Incidentally, I had my chance to personally meet Kenn on April of 2018, when he joined a group of friends and I for a weekend of sightseeing and camaraderie in New Orleans. Among the memorable things I keep from that trip was walking alongside Kenn —who was already suffering from health issues— as our group was crossing the French quarter in search of a restaurant, and he casually asked me my opinion about the JFK affair. Two years prior, the same group of friends visited the infamous Dealey Plaza in Dallas, Texas, and that visited forced me to rethink my assumptions about the 1963 magnicide (which had been heavily influenced by Oliver North’s movie).

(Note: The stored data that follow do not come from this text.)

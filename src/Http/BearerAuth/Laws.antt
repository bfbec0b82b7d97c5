-- ===== src/Http/BearerAuth/Laws.antt =====
-- Who passes the filter, by the configured lines.
use telegram_rest_gateway.Prelude.{
  ℕ, ◌<◌, ◌≡◌, refl, ap, ◌∙◌, ◌≢◌, ◌↔◌, inl, inr, true, false, Option, none, some, List, [], ◌∷◌,
  ◌++◌, arith, if◌then◌else◌, Option-cases, nat_eq, Bytes, bytes_eq, codes, length, drop, any,
  length-append, length-drop, drop-append, All,
}
use telegram_rest_gateway.Prelude.Text.{starts_with, starts_with-append, starts_with_prefix}
use telegram_rest_gateway.Auth.TokenStore.{Scope, load, verify}
use telegram_rest_gateway.Auth.TokenStore.Verify.{
  is_known, allowed, line_names, line_gives, Separates, verify-load,
}
use telegram_rest_gateway.Http.BearerAuth.{
  bearer_prefix, parse_bearer_token, judge, evaluate_bearer_auth, Request, Verdict, next, fail,
  answer, required_scope, do_filter,
}

-- The header is the prefix and a token that is not empty.
abbrev pub Carries : Bytes → Bytes → Type 0
Carries header token = (header ≡ bearer_prefix ++ token) × (token ≢ [])

length-pos : (t : Bytes) → t ≢ [] → 0 < length t
length-pos [] h = absurd (h refl)
length-pos (c ∷ t) h = omega arith

pos-length : (t : Bytes) → 0 < length t → t ≢ []
pos-length t h e = absurd (ground (arith, ap length e))

bearer_parts :
    (header token : Bytes)
    → parse_bearer_token header ≡ some token
    → (7 < length header) × (starts_with header bearer_prefix ≡ true) × (token ≡ drop 7 header)
unfolding parse_bearer_token
bearer_parts header token h = (ground arith, ground arith, ground arith)

bearer_joined :
    (token : Bytes) → 0 < length token → parse_bearer_token (bearer_prefix ++ token) ≡ some token
unfolding parse_bearer_token
bearer_joined token h = ground (
  arith,
  starts_with_prefix bearer_prefix token,
  length-append bearer_prefix token,
  drop-append bearer_prefix token,
)

-- A header gives a token exactly if it is "Bearer " and that token, which is not empty.
pub parse_bearer_token_iff :
    (header token : Bytes) → (parse_bearer_token header ≡ some token) ↔ Carries header token
parse_bearer_token_iff header token = (forth, back)
  where
    forth : parse_bearer_token header ≡ some token → Carries header token
    forth h =
        let (long, starts, rest) = bearer_parts header token h in
        (
          rw rest (starts_with-append header bearer_prefix starts),
          pos-length token (omega (arith, ap length rest, length-drop 7 header)),
        )

    back : Carries header token → parse_bearer_token header ≡ some token
    back (e, ne) = rw e (bearer_joined token (length-pos token ne))

-- The answer by the configured lines.
abbrev pub verdict_for : List Bytes → Scope → Option Bytes → Verdict
verdict_for lines s none = fail (codes "UNAUTHENTICATED") 401
verdict_for lines s (some token) =
    if any (line_gives token s) lines
    then next
    else if any (line_names token) lines
    then fail (codes "INSUFFICIENT_SCOPE") 403
    else fail (codes "UNAUTHENTICATED") 401

gives-names : (token : Bytes) (s : Scope) (v : Option ℕ) → is_known v ≡ false → allowed v s ≡ false
gives-names token s none h = refl
gives-names token s (some mask) h = cc

judge_lem :
    (v : Option ℕ) (s : Scope)
    → answer (judge v s) ≡ (
        if allowed v s
        then next
        else if is_known v
        then fail (codes "INSUFFICIENT_SCOPE") 403
        else fail (codes "UNAUTHENTICATED") 401)
judge_lem none s = refl
judge_lem (some mask) s = ground arith

-- As far as the digest tells the presented token from those of the lines: a request goes on exactly
-- if its header carries a token for which some configured line gives the scope that the route asks
-- for. Otherwise it is answered with 403 if a line configures the token, and with 401 if none does or
-- there is no token.
pub do_filter_lem :
    (sha256 : Bytes → Bytes) (lines : List Bytes) (req : Request)
    → ((token : Bytes)
        → parse_bearer_token req.authorization ≡ some token
        → All (Separates sha256 token) lines)
    → do_filter sha256 (load sha256 lines) req
      ≡ verdict_for lines (required_scope req) (parse_bearer_token req.authorization)
unfolding do_filter evaluate_bearer_auth
do_filter_lem sha256 lines req sep = elim (Option-cases (parse_bearer_token req.authorization)) [
  | inl e ↦ rw (e, evaluate_bearer_auth)
  | inr (token, e) ↦
      let facts = verify-load sha256 lines token (required_scope req) (sep token e) in
      let s = required_scope req in
      rw (e, evaluate_bearer_auth)
        (judge_lem (verify sha256 (load sha256 lines) token) s ∙ rw (facts.0, facts.1))
]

I told Kenn that at that point in my life I wasn’t entirely unsure if Oswald hadn’t in fact being the ‘lone gunman’ the Warren commission had accused him of being all along —unlike Bill Hicks, I could perfectly see the road from that small window at the book depository building which now houses the JFK Assassination Museum, and it wasn’t entirely preposterous in my mind that Oswald had been incredibly lucky with that little crappy carabine he had ordered by mail.

At the same time, I said to Ken as were making our way through the throngs of drunken tourists and I was keeping and eye on his footing, I thought the main conspiracy lied not in the mafia’s involvement or the military industrial complex’s goal to escalate the war in Vietnam; but in the way the CIA tried to bury the fact that Oswald had worked as an informant for them for many years —the fact Langley hadn’t raised the alarm bells when Oswald visited the Cuban embassy in Mexico to let them know of his plans to kill Kennedy (something the Mexican government informed their American partners of) was to me more telling than all the speculation involving magic bullets and second gunmen hiding behind the mythic Grassy Knoll.

Ken just listened to me politely as I did most of the talking. I’m sure he could have raised 15 different points to refute my naïve assumptions before we even had had a chance to reach our restaurant and sit at a table, but instead he just kept quiet. Maybe he was feeling tired from the long walk, but I instead prefer to believe this veteran truth seeker knew the best lesson he could give to this rookie Mexican researcher, was to let him find his own answers.

The next morning the whole group went on a road trip to visit the Metairie Cemetery, where Jim Garrison is buried. Unlike the revelry of the night before, there was a palpable solemnity and —dare I say— sacredness to the experience, when our little band of Fortean friends arrived to the headstone marking the final resting place of the man who took it upon himself to uncover the truth about one of the more defining moments in XXth century’s history —and paid the price for it.

Kenn sitting at Garrison’s tomb, explaining something to our group (at the risk of sounding excessively romantic, he almost looks like Plato or Aristotle addressing a group of Greek students gathered around the tomb of Socrates).
A copy of the fliers Oswald was handing down in New Orleans during the summer of 1963, left by our group as a little memento at Garrison’s tombstone

Garrison’s tomb is very discreet and unassuming. Aside from us, there were no other visitors taking pictures. In a hundred years, perhaps barely anyone will remember or care about who he was and what he tried to do. But I am willing to predict that there will still be a few curious individuals keeping their ears close to the ground, and learning about these deep socio-political currents which shape the outer surface of our reality in ways many of us can barely imagine.

And those individuals will have a huge debt of gratitude to Kenn Thomas. Whether they even realize it or not.   

From left to right: myself, Kenn, and my friend Carlos, posing behind Garrison’s tomb at Metairie Cemetery.